Monitor the processing job in the SageMaker console

The Processing jobs list and job details pages show the job name, status, instance type, entry point, input S3 URI, output configuration, and logs. Use the console to troubleshoot and view container logs.
A screenshot of the Amazon SageMaker console showing the "Processing jobs" list with job names, ARNs, and creation times. A hand-shaped cursor is pointing at one of the scikit-learn processing jobs.
A screenshot of the Amazon SageMaker console showing details for a processing job named "sagemaker-scikit-learn-2025-05-05...". The page displays job settings including status (InProgress), ARN, IAM role, instance type (ml.m5.large) and other configuration fields.
A screenshot of the AWS Management Console (Amazon SageMaker) showing a processing job details page with input/output configuration, S3 URIs, and local paths. The left-hand navigation pane lists SageMaker sections like JumpStart, Processing, Training and other AWS services.

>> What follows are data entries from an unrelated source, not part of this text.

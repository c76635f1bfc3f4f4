-- ===== src/Mihon/Dto/Novel.antt =====
-- The text of a novel's chapter in rust/mihon/src/mapping/dto.rs: how it is split into paragraphs.
use mathlib.Core.List.{map}
use dion_runtime.Base.{
  ℕ, Bool, false, not, ◌||◌, ◌&&◌, none, List, [], ◌∷◌, ◌++◌, Text, codes, ◌==◌, nat_eq, list_eq,
  any, filter, contains, is_blank, trim, if◌then◌else◌,
}
use dion_runtime.Base.Texts.{replace, split_text, contains_text}
use dion_runtime.UnixPath.{split_on}
use dion_runtime.Mihon.Dto.Types.{Embedded, text, Source, paragraphlist}

-- The characters outside of tags.
unfoldable pub strip_tags : Bool → Text → Text
strip_tags in_tag [] = []
strip_tags in_tag (c ∷ cs) =
    let in_tag' = c == b'<' || (in_tag && not (c == b'>')) in
    let rest = strip_tags in_tag' cs in if c == b'<' || c == b'>' || in_tag then rest else c ∷ rest

abbrev entities : List (Text × Text)
entities =
    (codes "&nbsp;", codes " ")
    ∷ (codes "&amp;", codes "&")
    ∷ (codes "&lt;", codes "<")
    ∷ (codes "&gt;", codes ">")
    ∷ (codes "&quot;", b'"' ∷ [])
    ∷ (codes "&#39;", b'\'' ∷ [])
    ∷ (codes "&apos;", b'\'' ∷ [])
    ∷ (codes "&mdash;", 0x2014 ∷ [])
    ∷ (codes "&ndash;", 0x2013 ∷ [])
    ∷ (codes "&hellip;", 0x2026 ∷ [])
    ∷ []

-- Replaces each first text by its second, in turn.
unfoldable pub replace_all : List (Text × Text) → Text → Text
unfolding replace
replace_all [] t = t
replace_all ((needle, by) ∷ rest) t = replace_all rest (replace needle by t)

unfoldable pub clean_html_text : Text → Text
unfolding strip_tags replace_all
clean_html_text t =
    trim (replace (codes "\r") [] (trim (replace_all entities (strip_tags false t))))

abbrev block_tags : List Text
block_tags = map codes (
    "<p>" ∷ "<p " ∷ "<br" ∷ "<div" ∷ "<h1" ∷ "<h2" ∷ "<h3" ∷ "<h4" ∷ "<h5" ∷ "<h6" ∷ "<li"
    ∷ "<blockquote" ∷ [])

abbrev closers : List Text
closers = map codes (
    "<br>" ∷ "<br/>" ∷ "<br />" ∷ "<br>" ∷ "</p>" ∷ "</div>" ∷ "</li>" ∷ "</h1>" ∷ "</h2>" ∷ "</h3>"
    ∷ "</h4>" ∷ "</h5>" ∷ "</h6>" ∷ "</blockquote>" ∷ [])

abbrev is_filled : Text → Bool
is_filled t = not (t == [])

unfoldable pub split_html_blocks : Text → List Text
unfolding replace_all split_on
split_html_blocks t = filter is_filled (
    map trim (
      split_on (λ (c : ℕ). c == 0)
        (replace_all (map (λ (tag : Text). (tag, b'\n' ∷ 0 ∷ [])) closers) t)))

-- `block.lines()`, trimmed, without the blank ones; a carriage return is trimmed too.
abbrev filled_lines : Text → List Text
filled_lines block =
    map trim (filter (λ (l : Text). not (is_blank l)) (split_on (λ (c : ℕ). c == b'\n') block))

unfoldable pub concat_lines : List Text → List Text
unfolding split_on
concat_lines [] = []
concat_lines (block ∷ blocks) = filled_lines block ++ concat_lines blocks

unfoldable pub split_plain : Text → List Text
unfolding concat_lines split_text
split_plain t = concat_lines (split_text (codes "\n\n") t)

module _ (to_lowercase : Text → Text) where
  unfoldable pub contains_block_tag : Text → Bool
  unfolding contains_text
  contains_block_tag t = any (λ (tag : Text). contains_text tag (to_lowercase t)) block_tags

  abbrev chunks : Text → List Text
  chunks trimmed =
      if contains trimmed b'<' && contains_block_tag trimmed
      then split_html_blocks trimmed
      else split_plain trimmed

  unfoldable pub split_novel_text : Text → List Text
  unfolding contains_block_tag split_html_blocks split_plain clean_html_text
  split_novel_text t =
      let trimmed = trim t in
      if trimmed == [] then [] else filter is_filled (map clean_html_text (chunks trimmed))

  unfoldable pub text_to_paragraph_source : {x : Embedded} → Text → Source x
  unfolding split_novel_text
  text_to_paragraph_source t =
      paragraphlist (map (λ (p : Text). text p none) (split_novel_text t)) none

Verify processed output in S3

When the processing job completes, the processed CSV will be written to the S3 output path you specified. Verify the object in the S3 console and download it back to the notebook for inspection.
A screenshot of the Amazon S3 web console showing the "processed_data/" folder with a single object: "processed_house_data.csv". The file entry shows type CSV, last modified timestamp, and file size.
Download the processed CSV and inspect it in pandas:
# Download the processed file from S3 and display it
s3_path = f"s3://{bucket}/processed_data/processed_house_data.csv"
S3Downloader.download(s3_path, ".")

df_processed = pd.read_csv("processed_house_data.csv")
df_processed.head()
You should now see:
  • the previously engineered features (total_rooms, price_per_sqft)
  • scaled numeric feature (sqft_scaled)
  • one-hot encoded property type columns
  • the newly added postcode_target_encoded column (mean price per postcode)
For model training, you may choose to drop the original postcode column and keep postcode_target_encoded instead.
A presentation slide titled "Demo Steps" showing eight numbered steps of a data-processing workflow, from "Open Notebook" and "Load dataset" to configuring and monitoring a processing job and saving validated processed data.

Summary

  • Use Jupyter/pandas and scikit-learn for interactive feature engineering and quick experimentation.
  • For repeatable or computationally heavy transforms (e.g., target encoding, large-scale feature generation), use SageMaker Processing jobs (SKLearnProcessor) to run scripts in managed containers.
  • Processing jobs copy inputs into the container (commonly /opt/ml/processing/input) and expect outputs under /opt/ml/processing/output; map S3 paths using ProcessingInput and ProcessingOutput.
  • Store inputs and outputs in S3 so compute resources can be terminated when jobs finish and results persist.
A presentation slide titled "Summary" listing four key points about feature engineering: interactive processing with Jupyter/pandas, batch processing using SageMaker, SageMaker SDK (SKLearnProcessor) for running processing jobs, and S3 as the recommended storage. The slide shows numbered turquoise markers (01–04) on a light right panel and a dark left sidebar with the title.

Next steps and references

  • Consider creating a SageMaker Training job that consumes the processed data for model training and hyperparameter tuning.
  • Explore additional encoding strategies (target smoothing, leave-one-out encoding) for high-cardinality categorical variables.
Useful references: That wraps up this demonstration lesson. A companion lecture is available that explains creating a SageMaker training job to consume prepared data for model training.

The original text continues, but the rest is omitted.